His workout Thursday was strenuous, lasting for more than an hour and included a lot of full-field sprints as well as some agility drills, stretching and core work.

Eifert said he knew the team wanted to push him, so it wasn’t a surprise.

“It’s as much stretching and core work and extra work that I’ve ever put in, just doing everything I can to protect my back and make sure there aren’t any other issues,” Eifert said. “I feel good, and this is just the route we’re taking but when I am out there I try to push myself so when I do get into practice I’m well-conditioned and where I need to be.”

When asked whether he would categorize the idea behind starting camp on the PUP, Eifert said it’s just “being smart.”

The Bengals haven’t had Eifert for a full season since he was drafted in the first round in 2013. He played 15 of 16 games his rookie year, but had just one appearance in 2014 and played only 10 games combined over the last two seasons because of various injuries and back surgeries in consecutive offseasons.

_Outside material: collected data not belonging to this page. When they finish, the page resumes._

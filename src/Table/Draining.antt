-- ===== src/Table/Draining.antt =====
-- `coucal_drain_stash`: entries that move from the stash to the table.
use coucal.Base.{
  ℕ, zero, suc, ◌+◌, ◌≤◌, ◌<◌, ◌≡◌, refl, ◌∙◌, inl, inr, true, false, none, some, List, length,
  get_or, set, ◌==◌, ltb, get_or-set, length-set, Bool-cases, Option-cases, arith,
}
use coucal.Base.Words.{dec_size}
use coucal.State.{Item, null_item, Coucal, stash_size}
use coucal.Table.Add.{vacancy, drain_one, drain_from, trim, trim_stash, drain_stash}
use coucal.Table.Entries.{mass, total, total-set, live-le-length}
use coucal.Table.Layout.{
  IsHome, Layout, SameRest, SameRest-refl, SameRest-trans, weight, set_item-home,
}
use coucal.Table.Placing.{mass-free}
use coucal.Table.Position.{hash_to_pos_at-lt}
use coucal.Table.{hash_to_pos, get_item, set_item, get_stash, set_stash, is_free, is_empty_item}

-- What an operation promises that only moves entries about.
pub record Shuffled (c c' : Coucal) : Type 0 where
  pub layout : Layout c'
  pub rest : SameRest c c'
  pub stash_shrinks : c'.stash.size ≤ c.stash.size
  pub balance : (f : Item → ℕ) → weight f c' ≡ weight f c

pub Shuffled-refl : (c : Coucal) → Layout c → Shuffled c c
Shuffled-refl c l = record {
  layout = l;
  rest = SameRest-refl c;
  stash_shrinks = omega arith;
  balance = λ f. refl;
}

pub Shuffled-trans : {a b c : Coucal} → Shuffled a b → Shuffled b c → Shuffled a c
Shuffled-trans h k = record {
  layout = k.layout;
  rest = SameRest-trans h.rest k.rest;
  stash_shrinks = omega (arith, h.stash_shrinks, k.stash_shrinks);
  balance = λ f. k.balance f ∙ h.balance f;
}

-- What a vacancy is.
record Vacant (c : Coucal) (item : Item) (pos : ℕ) : Type 0 where
  free : is_free c pos ≡ true
  inside : pos < length c.items
  at_home : IsHome c.lg_size pos item

vacancy-Vacant :
    (c : Coucal) (item : Item) (pos : ℕ) → Layout c → vacancy c item ≡ some pos → Vacant c item pos
unfolding vacancy hash_to_pos
vacancy-Vacant c item pos l e = ground (
  arith,
  hash_to_pos_at-lt c.lg_size item.hashes.hash1 l.lg_high,
  hash_to_pos_at-lt c.lg_size item.hashes.hash2 l.lg_high,
  l.width,
)

-- The stashed item `i` goes to the free position `pos` of its own.
module _ (c : Coucal) (i pos : ℕ) (l : Layout c) (v : Vacant c (get_stash c i) pos)
    (lv : is_empty_item (get_stash c i) ≡ false) (inside : i < stash_size) where
  abbrev unstashed : Coucal
  unstashed =
      let c' = set_stash (set_item c pos (get_stash c i)) i null_item in
      record c' { stash = record (c'.stash) { size = dec_size c'.stash.size } }

  taken :
      (f : Item → ℕ)
      → total f (set c.stash.items i null_item) + mass f (get_stash c i) ≡ total f c.stash.items
  taken f = omega (arith, total-set f c.stash.items i null_item (omega (arith, l.stash_width)))

  unstashed-Layout : Layout unstashed
  unstashed-Layout = record {
    lg_low = l.lg_low;
    lg_high = l.lg_high;
    width = length-set c.items pos (get_stash c i) ∙ l.width;
    home = set_item-home c pos (get_stash c i) l.home v.inside v.at_home;
    stash_width = length-set c.stash.items i null_item ∙ l.stash_width;
    stash_extent = l.stash_extent;
    stash_live =
        ground (arith, taken (λ _. 1), l.stash_live, l.stash_width, live-le-length c.stash.items);
    stash_clear = λ j h. ground (
      arith,
      get_or-set c.stash.items i j null_item null_item (omega (arith, l.stash_width)),
      l.stash_clear j,
    );
  }

  unstashed-Shuffled : Shuffled c unstashed
  unstashed-Shuffled = record {
    layout = unstashed-Layout;
    rest = record { lg_size = refl; used = refl; pool = refl; custom = refl; world = refl };
    stash_shrinks =
        ground (arith, taken (λ _. 1), l.stash_live, l.stash_width, live-le-length c.stash.items);
    balance = λ f. omega (
      arith,
      taken f,
      total-set f c.items pos (get_stash c i) v.inside,
      mass-free f (get_item c pos) v.free,
    );
  }

drain_one-Shuffled :
    (c : Coucal) (i : ℕ)
    → Layout c
    → i < stash_size
    → Shuffled c (drain_one c i) × ((drain_one c i).stash.extent ≡ c.stash.extent)
unfolding drain_one
drain_one-Shuffled c i l inside = elim (Bool-cases (is_empty_item (get_stash c i))) [
  | inl e ↦ rw e (Shuffled-refl c l, refl)
  | inr e ↦ elim (Option-cases (vacancy c (get_stash c i))) [
    | inl full ↦ rw (e, full) (Shuffled-refl c l, refl)
    | inr (pos, found) ↦
        rw (e, found)
          (
            unstashed-Shuffled c i pos l (vacancy-Vacant c (get_stash c i) pos l found) e inside,
            refl,
          )
  ]
]

drain_from-Shuffled :
    (n i : ℕ) (c : Coucal)
    → Layout c
    → i + n ≤ stash_size
    → Shuffled c (drain_from n i c) × ((drain_from n i c).stash.extent ≡ c.stash.extent)
unfolding drain_from
drain_from-Shuffled zero i c l h = (Shuffled-refl c l, refl)
drain_from-Shuffled (suc n) i c l h =
    let (one, same) = drain_one-Shuffled c i l (omega arith) in
    let (rest, same') = drain_from-Shuffled n (i + 1) (drain_one c i) one.layout (omega arith) in
    (Shuffled-trans one rest, same' ∙ same)

trim-le : (items : List Item) (extent : ℕ) → trim items extent ≤ extent
unfolding trim
trim-le items zero = omega arith
trim-le items (suc extent) = ground (arith, trim-le items extent)

trim-clear :
    (items : List Item) (extent : ℕ) (i : ℕ)
    → trim items extent ≤ i
    → i < extent
    → (get_or items i null_item).name ≡ none
unfolding trim
trim-clear items zero i h lt = absurd (omega arith)
trim-clear items (suc extent) i h lt = elim (Bool-cases (i == extent)) [
  | inl e ↦ ground arith
  | inr e ↦ ground (arith, trim-clear items extent i)
]

-- The extent falls past free slots only.
pub trim_stash-Shuffled : (c : Coucal) → Layout c → Shuffled c (trim_stash c)
unfolding trim_stash
trim_stash-Shuffled c l = record {
  layout = record {
    lg_low = l.lg_low;
    lg_high = l.lg_high;
    width = l.width;
    home = l.home;
    stash_width = l.stash_width;
    stash_extent = omega (arith, trim-le c.stash.items c.stash.extent, l.stash_extent);
    stash_live = l.stash_live;
    stash_clear = λ i h. elim (Bool-cases (ltb i c.stash.extent)) [
      | inl e ↦ trim-clear c.stash.items c.stash.extent i h (ground arith)
      | inr e ↦ l.stash_clear i (ground arith)
    ];
  };
  rest = record { lg_size = refl; used = refl; pool = refl; custom = refl; world = refl };
  stash_shrinks = omega arith;
  balance = λ f. refl;
}

-- On a table that keeps the layout, `coucal_drain_stash` keeps the layout, every weight of the
-- entries and the rest of the table, and does not grow the stash.
pub drain_stash-Shuffled : (c : Coucal) → Layout c → Shuffled c (drain_stash c)
unfolding drain_stash
drain_stash-Shuffled c l =
    let (drained, _) = drain_from-Shuffled c.stash.extent 0 c l (omega (arith, l.stash_extent)) in
    Shuffled-trans drained (trim_stash-Shuffled (drain_from c.stash.extent 0 c) drained.layout)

“Training camp is something that’s part of every season and you have to go through it and grind through and get better,” Eifert said. “Obviously everyone knows all the surgeries I’ve had, it’s just being smart about it. There are no games being played right now that even matter. Obviously they matter and you’re working on your skills and that stuff, but they don’t count for anything so just trying to be smart.”